Output a verbatim copy of the data, cut off after the line that contains "(bucket_of local_ns) cumulative_ns".

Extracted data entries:
§

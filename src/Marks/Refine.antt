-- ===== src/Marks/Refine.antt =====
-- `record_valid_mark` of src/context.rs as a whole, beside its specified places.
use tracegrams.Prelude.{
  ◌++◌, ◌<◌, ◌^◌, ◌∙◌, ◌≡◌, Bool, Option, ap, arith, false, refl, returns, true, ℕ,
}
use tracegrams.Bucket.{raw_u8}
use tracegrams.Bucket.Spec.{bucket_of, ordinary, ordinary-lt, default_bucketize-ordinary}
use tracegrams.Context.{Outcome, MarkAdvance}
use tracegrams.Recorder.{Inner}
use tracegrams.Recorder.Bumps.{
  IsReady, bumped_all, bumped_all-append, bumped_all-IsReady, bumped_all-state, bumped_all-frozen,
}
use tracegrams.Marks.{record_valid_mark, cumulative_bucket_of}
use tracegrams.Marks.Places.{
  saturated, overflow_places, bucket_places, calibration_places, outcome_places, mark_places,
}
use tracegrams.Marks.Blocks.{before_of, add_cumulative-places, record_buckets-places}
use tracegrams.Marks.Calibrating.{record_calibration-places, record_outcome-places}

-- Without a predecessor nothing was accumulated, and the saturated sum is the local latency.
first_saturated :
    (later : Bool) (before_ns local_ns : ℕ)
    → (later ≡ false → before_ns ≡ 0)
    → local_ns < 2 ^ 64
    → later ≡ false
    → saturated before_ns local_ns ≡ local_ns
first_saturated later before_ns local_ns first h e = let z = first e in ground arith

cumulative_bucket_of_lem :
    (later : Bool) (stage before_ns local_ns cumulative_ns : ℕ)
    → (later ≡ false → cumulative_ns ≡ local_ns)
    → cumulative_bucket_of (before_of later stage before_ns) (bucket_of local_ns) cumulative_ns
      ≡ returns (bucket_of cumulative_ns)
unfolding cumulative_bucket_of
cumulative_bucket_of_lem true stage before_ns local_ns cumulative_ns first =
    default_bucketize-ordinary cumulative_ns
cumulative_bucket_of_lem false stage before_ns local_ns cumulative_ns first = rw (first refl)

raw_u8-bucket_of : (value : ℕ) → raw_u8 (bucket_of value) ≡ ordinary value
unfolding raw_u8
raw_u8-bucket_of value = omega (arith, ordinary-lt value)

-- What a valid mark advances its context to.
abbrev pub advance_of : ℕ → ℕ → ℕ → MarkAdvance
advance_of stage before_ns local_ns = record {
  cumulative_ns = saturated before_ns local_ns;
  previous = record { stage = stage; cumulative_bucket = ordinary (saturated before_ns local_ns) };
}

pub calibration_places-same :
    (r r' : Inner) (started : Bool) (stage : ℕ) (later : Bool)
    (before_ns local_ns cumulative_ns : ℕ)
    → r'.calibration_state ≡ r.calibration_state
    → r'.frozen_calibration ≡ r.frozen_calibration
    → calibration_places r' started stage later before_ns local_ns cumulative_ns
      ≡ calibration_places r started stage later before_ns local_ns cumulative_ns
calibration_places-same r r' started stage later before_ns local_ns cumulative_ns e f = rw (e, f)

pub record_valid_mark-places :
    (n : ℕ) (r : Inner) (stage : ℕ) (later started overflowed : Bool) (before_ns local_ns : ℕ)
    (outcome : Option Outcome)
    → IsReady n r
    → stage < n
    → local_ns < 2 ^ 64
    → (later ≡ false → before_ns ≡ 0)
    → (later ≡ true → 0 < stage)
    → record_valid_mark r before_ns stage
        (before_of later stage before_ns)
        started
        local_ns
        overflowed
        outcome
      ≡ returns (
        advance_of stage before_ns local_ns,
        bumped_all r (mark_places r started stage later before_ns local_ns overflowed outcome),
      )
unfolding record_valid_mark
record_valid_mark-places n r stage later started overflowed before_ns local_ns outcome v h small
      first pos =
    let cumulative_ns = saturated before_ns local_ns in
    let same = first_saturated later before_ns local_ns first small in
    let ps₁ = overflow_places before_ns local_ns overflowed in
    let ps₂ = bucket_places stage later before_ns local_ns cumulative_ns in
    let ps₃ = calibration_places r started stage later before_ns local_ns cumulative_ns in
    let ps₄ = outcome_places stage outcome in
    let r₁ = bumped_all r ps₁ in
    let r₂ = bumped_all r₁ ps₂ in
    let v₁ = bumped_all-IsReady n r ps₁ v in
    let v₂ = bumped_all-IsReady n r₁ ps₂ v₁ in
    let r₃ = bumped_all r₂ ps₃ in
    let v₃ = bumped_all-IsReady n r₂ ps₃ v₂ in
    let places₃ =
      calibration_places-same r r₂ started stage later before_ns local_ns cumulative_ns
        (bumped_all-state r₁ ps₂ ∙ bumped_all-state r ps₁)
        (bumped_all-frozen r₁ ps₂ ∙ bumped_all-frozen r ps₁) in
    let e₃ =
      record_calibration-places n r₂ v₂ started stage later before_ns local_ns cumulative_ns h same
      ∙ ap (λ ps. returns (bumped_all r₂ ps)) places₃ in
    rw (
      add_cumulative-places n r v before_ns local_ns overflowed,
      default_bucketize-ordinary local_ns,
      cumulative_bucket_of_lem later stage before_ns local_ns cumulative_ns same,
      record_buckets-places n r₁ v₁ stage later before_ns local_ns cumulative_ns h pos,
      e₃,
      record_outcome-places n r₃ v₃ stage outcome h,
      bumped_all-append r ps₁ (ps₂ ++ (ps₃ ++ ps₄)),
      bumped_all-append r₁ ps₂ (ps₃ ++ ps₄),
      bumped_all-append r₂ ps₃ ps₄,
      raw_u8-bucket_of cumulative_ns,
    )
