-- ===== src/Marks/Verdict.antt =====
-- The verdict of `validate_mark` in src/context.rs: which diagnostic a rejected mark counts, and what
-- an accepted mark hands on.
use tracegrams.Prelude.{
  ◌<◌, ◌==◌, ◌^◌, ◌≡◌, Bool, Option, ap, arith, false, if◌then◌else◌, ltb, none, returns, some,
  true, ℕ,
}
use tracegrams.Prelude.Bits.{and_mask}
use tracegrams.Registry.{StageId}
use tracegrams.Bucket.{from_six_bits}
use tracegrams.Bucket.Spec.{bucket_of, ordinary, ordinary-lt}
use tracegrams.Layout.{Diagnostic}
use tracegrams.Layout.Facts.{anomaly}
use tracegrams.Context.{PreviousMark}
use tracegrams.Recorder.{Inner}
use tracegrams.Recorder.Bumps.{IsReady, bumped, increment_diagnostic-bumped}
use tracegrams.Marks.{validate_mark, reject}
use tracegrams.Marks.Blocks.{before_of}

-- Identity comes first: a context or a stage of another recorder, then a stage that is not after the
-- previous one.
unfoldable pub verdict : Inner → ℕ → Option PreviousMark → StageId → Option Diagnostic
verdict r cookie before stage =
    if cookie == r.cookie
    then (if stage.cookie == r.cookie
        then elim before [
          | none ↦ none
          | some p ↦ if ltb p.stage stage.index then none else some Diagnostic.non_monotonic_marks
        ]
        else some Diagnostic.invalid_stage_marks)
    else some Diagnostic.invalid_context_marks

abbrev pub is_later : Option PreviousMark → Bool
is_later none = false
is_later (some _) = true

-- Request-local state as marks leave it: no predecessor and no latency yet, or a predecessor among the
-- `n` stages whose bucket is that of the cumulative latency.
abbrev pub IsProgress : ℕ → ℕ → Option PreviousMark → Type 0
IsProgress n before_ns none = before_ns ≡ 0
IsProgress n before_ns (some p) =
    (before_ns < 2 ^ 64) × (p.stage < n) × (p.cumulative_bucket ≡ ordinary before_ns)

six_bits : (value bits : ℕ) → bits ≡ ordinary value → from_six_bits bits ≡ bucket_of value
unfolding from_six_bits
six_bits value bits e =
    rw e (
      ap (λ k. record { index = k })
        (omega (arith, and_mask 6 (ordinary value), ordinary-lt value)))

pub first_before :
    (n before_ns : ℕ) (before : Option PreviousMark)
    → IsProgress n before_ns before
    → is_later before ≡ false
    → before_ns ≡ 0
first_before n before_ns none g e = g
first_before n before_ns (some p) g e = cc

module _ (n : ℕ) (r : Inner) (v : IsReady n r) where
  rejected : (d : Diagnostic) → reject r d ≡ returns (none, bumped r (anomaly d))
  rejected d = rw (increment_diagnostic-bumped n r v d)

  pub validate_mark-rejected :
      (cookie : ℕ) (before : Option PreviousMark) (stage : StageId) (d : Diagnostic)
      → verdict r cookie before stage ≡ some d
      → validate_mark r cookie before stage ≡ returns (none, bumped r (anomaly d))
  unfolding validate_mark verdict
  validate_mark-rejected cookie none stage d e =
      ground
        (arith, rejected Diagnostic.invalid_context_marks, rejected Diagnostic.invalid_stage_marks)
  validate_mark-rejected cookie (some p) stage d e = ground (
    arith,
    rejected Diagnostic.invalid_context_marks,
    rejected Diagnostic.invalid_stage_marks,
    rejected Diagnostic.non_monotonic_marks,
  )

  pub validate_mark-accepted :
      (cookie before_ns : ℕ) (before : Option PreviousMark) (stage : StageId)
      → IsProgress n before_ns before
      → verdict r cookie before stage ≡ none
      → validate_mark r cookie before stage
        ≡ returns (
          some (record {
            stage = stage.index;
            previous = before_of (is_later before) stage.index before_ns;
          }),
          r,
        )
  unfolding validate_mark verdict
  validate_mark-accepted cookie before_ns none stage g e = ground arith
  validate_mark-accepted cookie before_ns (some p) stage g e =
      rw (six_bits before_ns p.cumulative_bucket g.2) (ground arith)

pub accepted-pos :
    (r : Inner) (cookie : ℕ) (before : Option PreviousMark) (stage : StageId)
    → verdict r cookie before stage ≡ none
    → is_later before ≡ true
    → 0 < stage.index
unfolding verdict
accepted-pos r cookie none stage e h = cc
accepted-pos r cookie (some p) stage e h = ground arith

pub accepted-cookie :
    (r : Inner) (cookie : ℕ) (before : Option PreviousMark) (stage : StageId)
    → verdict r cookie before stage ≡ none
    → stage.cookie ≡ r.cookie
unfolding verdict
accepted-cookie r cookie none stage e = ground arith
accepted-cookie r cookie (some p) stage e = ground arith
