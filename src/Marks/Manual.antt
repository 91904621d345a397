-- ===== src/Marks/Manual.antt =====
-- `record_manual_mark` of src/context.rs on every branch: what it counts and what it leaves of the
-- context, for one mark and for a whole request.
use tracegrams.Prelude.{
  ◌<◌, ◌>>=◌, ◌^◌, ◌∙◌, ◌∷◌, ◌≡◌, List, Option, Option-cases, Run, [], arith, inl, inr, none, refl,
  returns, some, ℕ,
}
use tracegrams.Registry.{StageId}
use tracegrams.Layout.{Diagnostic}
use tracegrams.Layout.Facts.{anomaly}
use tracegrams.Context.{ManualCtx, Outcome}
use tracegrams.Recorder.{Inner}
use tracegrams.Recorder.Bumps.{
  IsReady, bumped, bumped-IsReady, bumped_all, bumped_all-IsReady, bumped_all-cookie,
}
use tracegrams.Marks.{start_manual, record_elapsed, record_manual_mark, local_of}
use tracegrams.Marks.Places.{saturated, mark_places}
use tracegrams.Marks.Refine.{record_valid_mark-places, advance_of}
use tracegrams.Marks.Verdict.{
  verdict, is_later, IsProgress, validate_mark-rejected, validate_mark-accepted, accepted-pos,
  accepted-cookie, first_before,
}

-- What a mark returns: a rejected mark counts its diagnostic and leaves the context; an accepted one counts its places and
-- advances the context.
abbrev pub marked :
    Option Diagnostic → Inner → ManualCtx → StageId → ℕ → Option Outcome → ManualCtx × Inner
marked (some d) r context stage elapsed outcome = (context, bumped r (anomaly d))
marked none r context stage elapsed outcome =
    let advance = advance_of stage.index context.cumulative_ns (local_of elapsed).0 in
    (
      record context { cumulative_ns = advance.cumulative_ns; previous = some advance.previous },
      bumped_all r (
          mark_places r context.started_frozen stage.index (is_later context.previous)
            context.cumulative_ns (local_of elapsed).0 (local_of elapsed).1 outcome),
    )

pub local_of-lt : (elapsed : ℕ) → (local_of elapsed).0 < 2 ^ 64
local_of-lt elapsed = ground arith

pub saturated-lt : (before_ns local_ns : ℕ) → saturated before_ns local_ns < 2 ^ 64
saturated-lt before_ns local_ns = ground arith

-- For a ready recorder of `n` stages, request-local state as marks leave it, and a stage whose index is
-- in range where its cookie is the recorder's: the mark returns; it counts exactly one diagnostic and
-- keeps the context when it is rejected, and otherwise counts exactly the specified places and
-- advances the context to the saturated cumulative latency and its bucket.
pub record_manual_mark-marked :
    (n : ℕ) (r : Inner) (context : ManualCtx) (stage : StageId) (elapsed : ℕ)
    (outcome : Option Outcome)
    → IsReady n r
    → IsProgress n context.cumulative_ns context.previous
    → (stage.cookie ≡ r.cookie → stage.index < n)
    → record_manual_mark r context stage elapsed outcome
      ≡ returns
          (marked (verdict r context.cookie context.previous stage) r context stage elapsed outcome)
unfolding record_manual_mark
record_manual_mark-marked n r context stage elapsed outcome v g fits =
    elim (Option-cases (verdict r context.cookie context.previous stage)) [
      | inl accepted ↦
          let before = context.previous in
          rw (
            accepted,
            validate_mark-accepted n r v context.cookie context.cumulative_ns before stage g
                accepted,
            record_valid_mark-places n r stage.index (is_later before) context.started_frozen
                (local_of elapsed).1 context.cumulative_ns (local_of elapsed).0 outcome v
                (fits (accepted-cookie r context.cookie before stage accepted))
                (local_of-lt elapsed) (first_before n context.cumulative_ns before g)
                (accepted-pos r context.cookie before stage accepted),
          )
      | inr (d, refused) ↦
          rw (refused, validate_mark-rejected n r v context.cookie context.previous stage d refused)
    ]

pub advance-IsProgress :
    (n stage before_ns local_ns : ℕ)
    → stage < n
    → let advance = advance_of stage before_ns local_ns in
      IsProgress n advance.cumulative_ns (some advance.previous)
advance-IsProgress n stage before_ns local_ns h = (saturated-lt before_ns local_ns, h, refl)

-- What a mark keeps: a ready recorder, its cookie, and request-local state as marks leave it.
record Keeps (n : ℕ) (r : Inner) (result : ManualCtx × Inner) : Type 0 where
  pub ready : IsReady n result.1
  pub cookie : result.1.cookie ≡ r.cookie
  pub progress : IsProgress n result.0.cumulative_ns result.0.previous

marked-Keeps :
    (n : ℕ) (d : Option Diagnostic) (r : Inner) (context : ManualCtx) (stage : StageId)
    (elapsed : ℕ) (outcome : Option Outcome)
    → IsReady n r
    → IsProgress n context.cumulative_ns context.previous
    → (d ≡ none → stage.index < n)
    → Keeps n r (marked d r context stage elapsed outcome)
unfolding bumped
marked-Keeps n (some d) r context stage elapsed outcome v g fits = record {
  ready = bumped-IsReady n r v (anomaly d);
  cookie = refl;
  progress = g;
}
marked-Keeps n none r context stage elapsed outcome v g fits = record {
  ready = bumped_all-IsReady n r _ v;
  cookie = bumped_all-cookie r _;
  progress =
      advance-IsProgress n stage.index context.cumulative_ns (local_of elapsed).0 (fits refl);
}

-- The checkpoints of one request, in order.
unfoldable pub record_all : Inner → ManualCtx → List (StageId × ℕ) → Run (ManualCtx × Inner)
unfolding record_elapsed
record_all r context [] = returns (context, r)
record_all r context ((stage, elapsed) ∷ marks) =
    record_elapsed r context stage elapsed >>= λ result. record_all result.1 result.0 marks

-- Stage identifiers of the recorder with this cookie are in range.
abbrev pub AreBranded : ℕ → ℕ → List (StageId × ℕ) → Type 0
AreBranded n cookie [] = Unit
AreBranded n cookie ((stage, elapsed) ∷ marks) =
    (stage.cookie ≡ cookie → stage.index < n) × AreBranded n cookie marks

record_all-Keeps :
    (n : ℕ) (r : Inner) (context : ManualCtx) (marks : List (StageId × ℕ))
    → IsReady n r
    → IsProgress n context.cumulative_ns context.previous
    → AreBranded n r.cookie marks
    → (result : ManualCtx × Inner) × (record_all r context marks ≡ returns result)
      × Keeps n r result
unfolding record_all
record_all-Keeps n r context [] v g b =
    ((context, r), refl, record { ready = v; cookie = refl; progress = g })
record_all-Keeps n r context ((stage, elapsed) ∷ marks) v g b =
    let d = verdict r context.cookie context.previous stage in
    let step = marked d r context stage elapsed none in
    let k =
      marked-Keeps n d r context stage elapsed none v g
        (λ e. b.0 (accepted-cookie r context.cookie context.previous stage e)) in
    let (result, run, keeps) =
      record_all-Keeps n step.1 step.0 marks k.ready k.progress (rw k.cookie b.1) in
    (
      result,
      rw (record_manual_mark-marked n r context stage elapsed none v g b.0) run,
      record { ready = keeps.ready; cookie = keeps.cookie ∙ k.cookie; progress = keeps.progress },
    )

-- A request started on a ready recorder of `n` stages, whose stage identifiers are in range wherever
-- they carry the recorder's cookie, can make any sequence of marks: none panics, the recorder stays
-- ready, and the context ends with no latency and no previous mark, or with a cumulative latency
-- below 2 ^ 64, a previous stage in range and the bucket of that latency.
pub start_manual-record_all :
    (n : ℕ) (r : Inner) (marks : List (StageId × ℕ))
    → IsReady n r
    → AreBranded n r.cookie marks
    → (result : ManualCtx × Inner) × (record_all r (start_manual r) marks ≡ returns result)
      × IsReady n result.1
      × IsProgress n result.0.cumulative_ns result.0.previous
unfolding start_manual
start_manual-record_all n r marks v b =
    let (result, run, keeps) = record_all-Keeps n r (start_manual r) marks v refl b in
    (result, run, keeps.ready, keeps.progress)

§

Exercise solution:
filename src/Marks/Refine.antt
-- ===== src/Marks/Refine.antt =====
-- `record_valid_mark` of src/context.rs as a whole, beside its specified places.
use tracegrams.Prelude.{
  ◌++◌, ◌<◌, ◌^◌, ◌∙◌, ◌≡◌, Bool, Option, ap, arith, false, refl, returns, true, ℕ,
}
use tracegrams.Bucket.{raw_u8}
use tracegrams.Bucket.Spec.{bucket_of, ordinary, ordinary-lt, default_bucketize-ordinary}
use tracegrams.Context.{Outcome, MarkAdvance}
use tracegrams.Recorder.{Inner}
use tracegrams.Recorder.Bumps.{
  IsReady, bumped_all, bumped_all-append, bumped_all-IsReady, bumped_all-state, bumped_all-frozen,
}
use tracegrams.Marks.{record_valid_mark, cumulative_bucket_of}
use tracegrams.Marks.Places.{
  saturated, overflow_places, bucket_places, calibration_places, outcome_places, mark_places,
}
use tracegrams.Marks.Blocks.{before_of, add_cumulative-places, record_buckets-places}
use tracegrams.Marks.Calibrating.{record_calibration-places, record_outcome-places}

-- Without a predecessor nothing was accumulated, and the saturated sum is the local latency.
first_saturated :
    (later : Bool) (before_ns local_ns : ℕ)
    → (later ≡ false → before_ns ≡ 0)
    → local_ns < 2 ^ 64
    → later ≡ false
    → saturated before_ns local_ns ≡ local_ns
first_saturated later before_ns local_ns first h e = let z = first e in ground arith

cumulative_bucket_of_lem :
    (later : Bool) (stage before_ns local_ns cumulative_ns : ℕ)
    → (later ≡ false → cumulative_ns ≡ local_ns)
    → cumulative_bucket_of (before_of later stage before_ns) (bucket_of local_ns) cumulative_ns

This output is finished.